Porsche Automobil Holding SE (Porsche SE) has withdrawn its profit forecast for the year, citing billions of dollars in writedowns tied to its investment in Volkswagen (VW) and its own sports-car-maker Porsche AG. The holding company, which owns 53.3% of VW, is now expecting a significantly negative impact on after-tax profit due to impairment losses related to its investments in the two companies.
Porsche SE's management board estimated the impairment charges after VW informed the holding company that its and Porsche AG's current planning isn't expected to be done by Dec. 31. This delay prevents Porsche SE from relying on the results of their current approved plan for accounting purposes. The impairment charges are estimated to be between 7 billion euros and 20 billion euros for VW and between 1 billion euros and 2 billion euros for Porsche AG.
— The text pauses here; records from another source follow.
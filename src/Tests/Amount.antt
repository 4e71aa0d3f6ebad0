-- ===== src/Tests/Amount.antt =====
-- Amounts at concrete texts.
use eclipse_erp.Base.{ℕ, ◌*◌, ◌^◌, ◌≤◌, ◌<◌, ◌≡◌, refl, ◌++◌, arith, length}
use eclipse_erp.Base.Effect.{ok, err}
use eclipse_erp.Text.{Text, codes}
use eclipse_erp.Text.Decimal.{value, print, pad_end, pad_start, strip_zeros}
use eclipse_erp.Kernel.Amount.{
  ledger_max_minor, overflow, fractional_precision, invalid_format, decimal_match, is_minor_amount,
  scale_match, major_to_minor, minor_to_major, require_exact_major_to_minor, is_major_amount,
}
use eclipse_erp.Kernel.Amount.Exact.{IsWritten, major_to_minor-exact}
use eclipse_erp.Kernel.Amount.RoundTrip.{minor_to_major-round_trip, require_exact-major}

major_of_minor : minor_to_major (codes "1230") 2 ≡ ok (codes "12.30")
unfolding minor_to_major is_minor_amount value print pad_start
major_of_minor = refl

minor_of_major : major_to_minor (codes "12.3") 2 ≡ ok (codes "1230")
unfolding major_to_minor decimal_match scale_match value print pad_end strip_zeros
minor_of_major = refl

trailing_zeros : major_to_minor (codes "12.3000") 2 ≡ ok (codes "1230")
unfolding major_to_minor decimal_match scale_match value print pad_end strip_zeros
trailing_zeros = refl

too_precise : major_to_minor (codes "0.001") 2 ≡ err fractional_precision
unfolding major_to_minor decimal_match scale_match value print pad_end strip_zeros
too_precise = refl

too_large : major_to_minor (codes "340282366920938463463374607431768211456") 0 ≡ err overflow
unfolding major_to_minor decimal_match scale_match value print pad_end strip_zeros
too_large = refl

no_point_alone : major_to_minor (codes "12.") 2 ≡ err invalid_format
unfolding major_to_minor decimal_match
no_point_alone = refl

major_to_minor-exact_example :
    (w : Text) × (f : Text) × IsWritten (codes "12.3") w f
    × (value (codes "1230") * 10 ^ length f ≡ value (w ++ f) * 10 ^ 2)
    × (codes "1230" ≡ print (value (codes "1230")))
    × (value (codes "1230") ≤ ledger_max_minor)
major_to_minor-exact_example =
    major_to_minor-exact (codes "12.3") 2 {r = codes "1230"} minor_of_major

minor_to_major-round_trip_example :
    (m : Text) × (minor_to_major (print 1230) 2 ≡ ok m) × (major_to_minor m 2 ≡ ok (print 1230))
minor_to_major-round_trip_example = minor_to_major-round_trip 1230 2 (omega arith) (omega arith)

require_exact-major_example :
    (n : ℕ) × (require_exact_major_to_minor (codes "12.3") 2 ≡ ok n) × (n < 10 ^ 20)
unfolding is_major_amount decimal_match
require_exact-major_example = require_exact-major (codes "12.3") refl
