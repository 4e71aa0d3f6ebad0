-- ===== src/Tests/Authorization.antt =====
-- One member of one tenant with one capability.
use eclipse_erp.Base.{ℕ, ◌≡◌, refl, true, false}
use eclipse_erp.Text.{Text, codes, text_eq, starts_with}
use eclipse_erp.Dict.{lookup, insert, erase}
use eclipse_erp.Authorization.Capabilities.{is_capability, capability_ids}
use eclipse_erp.Authorization.Service.{
  MembershipInput, AuthorizationInput, GrantInput, Store, membership_key, grant_key, has_grant,
  add_grant, authorize, member, add_member, set_status, suspend_member, remove_member, grant,
  grantee,
}
use eclipse_erp.Authorization.Decision.{succeeds, allows, request, key_of, remove_member-forgets}
use eclipse_erp.Authorization.Members.{
  empty, IsReachable, start, step, added, granted, IsConsistent, IsReachable-IsConsistent,
}

abbrev ann : MembershipInput
ann = record { user_account_id = codes "ann"; tenant_id = codes "t" }

abbrev post : Text
post = codes "accounting.journal.post"

abbrev posting : GrantInput
posting = record { user_account_id = codes "ann"; tenant_id = codes "t"; capability = post }

abbrev joined : Store
joined = (add_member ann empty).1

abbrev working : Store
working = (grant posting joined).1

running : ℕ
unfolding add_member set_status member remove_member grant authorize is_capability capability_ids
    membership_key has_grant add_grant lookup insert erase text_eq starts_with
running = 0

allowed_test : allows (authorize (request (codes "s") ann post) working) ≡ true
unfolding running
allowed_test = refl

again_test : succeeds (grant posting working).0 ≡ false
unfolding running
again_test = refl

grants_it : succeeds (grant posting joined).0 ≡ true
unfolding running
grants_it = refl

suspends : succeeds (suspend_member ann working).0 ≡ true
unfolding running
suspends = refl

removes : succeeds (remove_member ann working).0 ≡ true
unfolding running
removes = refl

remove_member-forgets_example :
    (allows (authorize (request (codes "s") ann post) (remove_member ann working).1) ≡ false)
    × (succeeds (add_member ann (remove_member ann working).1).0 ≡ true)
    × (allows (
          authorize (request (codes "s") ann post) (add_member ann (remove_member ann working).1).1)
        ≡ false)
remove_member-forgets_example = remove_member-forgets (codes "s") ann post working removes

-- A request for the right to close a period.
abbrev closing : AuthorizationInput
closing = request (codes "s") ann (codes "accounting.period.close")

different :
    text_eq
      (grant_key (membership_key (codes "ann") (codes "t")) closing.capability)
      (grant_key (key_of (grantee posting)) post)
    ≡ false
unfolding running
different = refl

reached : IsReachable working
reached = step (step start (added ann)) (granted posting)

IsReachable-IsConsistent_example : IsConsistent working
IsReachable-IsConsistent_example = IsReachable-IsConsistent working reached
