-- ===== src/Tests/Corrections.antt =====
-- A stock of five of which two are reserved, and corrections of it.
use eclipse_erp.Base.{ℕ, ◌≡◌, refl, none, some, [], ◌∷◌, length}
use eclipse_erp.Base.Effect.{ok, err}
use eclipse_erp.Text.{Text, codes, text_eq, non_empty_string, trim, to_upper}
use eclipse_erp.Text.Decimal.{value, print}
use eclipse_erp.Dict.{lookup, insert, total}
use eclipse_erp.Kernel.Amount.{span_digits}
use eclipse_erp.Ledger.Port.{positive_integer}
use eclipse_erp.Authorization.Capabilities.{is_capability, capability_ids}
use eclipse_erp.Authorization.Service.{
  Principal, membership_key, has_grant, add_grant, authorize, with_initial_grants, GrantInput,
}
use eclipse_erp.Messaging.Events.{
  after_template, is_zone, is_fraction_zone, iso_timestamp, instant_string, valid_append,
  envelope_matches,
}
use eclipse_erp.Messaging.Service.{event_key, dedupe_key, event_by_dedupe, same_object, append}
use eclipse_erp.Sales.Orders.{is_quantity}
use eclipse_erp.Inventory.Data.{AdjustStockInput, stock_unavailable}
use eclipse_erp.Inventory.Service.{stock_key, permit, own_warehouse, own_item}
use eclipse_erp.Inventory.Corrections.{
  Store, Environment, is_signed, adds, takes, valid_adjust, same_correction, new_correction,
  correction_event, store_correction, correct_balance, correct_new, adjust_stock,
}
use eclipse_erp.Inventory.Corrections.Once.{adjust_stock-again, adjust_stock-IsStocked}
use eclipse_erp.Inventory.Reserved.{IsStocked}
use eclipse_erp.Tests.Messaging.{platform}

abbrev environment : Environment ℕ
environment = record {
  platform = record platform { iso_string = λ n. codes "2026-01-02T03:04:05.678Z" };
  upper = to_upper;
  payload = λ c w i. length c;
}

abbrev ann : Principal
ann = record { user_account_id = codes "ann"; session_id = codes "s" }

abbrev adjuster : GrantInput
adjuster = record {
  user_account_id = codes "ann";
  tenant_id = codes "t";
  capability = codes "inventory.stock.adjust";
}

abbrev store : Store ℕ
store = record {
  stock = record {
    authorization = with_initial_grants (adjuster ∷ []) (record { memberships = []; grants = [] });
    warehouses =
        (
          codes "w",
          record {
            id = codes "w";
            tenant_id = codes "t";
            legal_entity_id = codes "le";
            primary_branch_id = none;
            name = codes "Main";
          },
        )
        ∷ [];
    items =
        (
          codes "i",
          record {
            id = codes "i";
            tenant_id = codes "t";
            sku = codes "A";
            name = codes "A";
            unit_of_measure = codes "EA";
          },
        )
        ∷ [];
    balances = (codes "t:w:i", record { on_hand = 5; reserved = 2 }) ∷ [];
    reservations = [];
    reservation_ids = [];
    transfers = [];
  };
  messaging = record { events = []; event_ids = []; receipts = []; clock = 0 };
  corrections = [];
}

abbrev correction : Text → AdjustStockInput
correction adjustment = record {
  principal = ann;
  tenant_id = codes "t";
  warehouse_id = codes "w";
  item_id = codes "i";
  adjustment = adjustment;
  unit_of_measure = codes " ea ";
  reason = codes "counted";
  command_id = codes "c";
  correlation_id = codes "x";
  causation_id = none;
  idempotency_key = codes "k1";
}

abbrev corrected : Store ℕ
corrected = (adjust_stock environment (correction (codes "-3")) (codes "c1") (codes "e1") 5 store).1

running : ℕ
unfolding with_initial_grants authorize is_capability capability_ids membership_key has_grant
    add_grant append valid_append instant_string iso_timestamp is_fraction_zone is_zone
    after_template span_digits non_empty_string positive_integer event_key dedupe_key
    event_by_dedupe same_object envelope_matches lookup insert text_eq trim to_upper value print
    is_quantity stock_key permit own_warehouse own_item is_signed adds takes valid_adjust
    same_correction correction_event store_correction correct_balance correct_new adjust_stock
running = 0

balance_test :
    lookup (codes "t:w:i") corrected.stock.balances ≡ some (record { on_hand = 2; reserved = 2 })
unfolding running
balance_test = refl

-- One more would take what is reserved.
short_test :
    adjust_stock environment (correction (codes "-4")) (codes "c1") (codes "e1") 5 store
    ≡ (err (stock_unavailable (codes "t") (codes "w") (codes "i") (codes "-4")), store)
unfolding running
short_test = refl

correction_test :
    adjust_stock environment (correction (codes "-3")) (codes "c1") (codes "e1") 5 store
    ≡ (ok (new_correction environment (correction (codes "-3")) (codes "c1")), corrected)
unfolding running
correction_test = refl

adjust_stock-again_example :
    adjust_stock environment (correction (codes "-3")) (codes "c2") (codes "e2") 9 corrected
    ≡ (ok (new_correction environment (correction (codes "-3")) (codes "c1")), corrected)
adjust_stock-again_example =
    adjust_stock-again environment (correction (codes "-3")) (codes "c1") (codes "e1") 5
      (new_correction environment (correction (codes "-3")) (codes "c1")) store corrected
      correction_test (codes "c2") (codes "e2") 9

-- The stock before anything is received.
abbrev nothing : Store ℕ
nothing = record store { stock = record store.stock { balances = [] } }

nothing-IsStocked : IsStocked nothing.stock
unfolding lookup total
nothing-IsStocked = record { claimed = λ b. refl; within = λ b. refl; keyed = refl }

adjust_stock-IsStocked_example :
    IsStocked
      (adjust_stock environment
        (correction (codes "5"))
        (codes "c1")
        (codes "e1")
        5
        nothing).1.stock
adjust_stock-IsStocked_example =
    adjust_stock-IsStocked environment (correction (codes "5")) (codes "c1") (codes "e1") 5 nothing
      nothing-IsStocked

first_test :
    lookup
      (codes "t:w:i")
      (adjust_stock environment
        (correction (codes "5"))
        (codes "c1")
        (codes "e1")
        5
        nothing).1.stock.balances
    ≡ some (record { on_hand = 5; reserved = 0 })
unfolding running
first_test = refl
The impairment charges are tied to several factors, including an uncertain market environment, lower demand than originally expected in various markets, and increasing geopolitical tensions and protectionist tendencies. VW, in particular, is battling a tough economic environment as it faces tepid demand for electric vehicles (EVs) and increasingly fierce competition from lower-cost Chinese EV makers. The company is also contending with a costly domestic manufacturing footprint that hinders its competitiveness.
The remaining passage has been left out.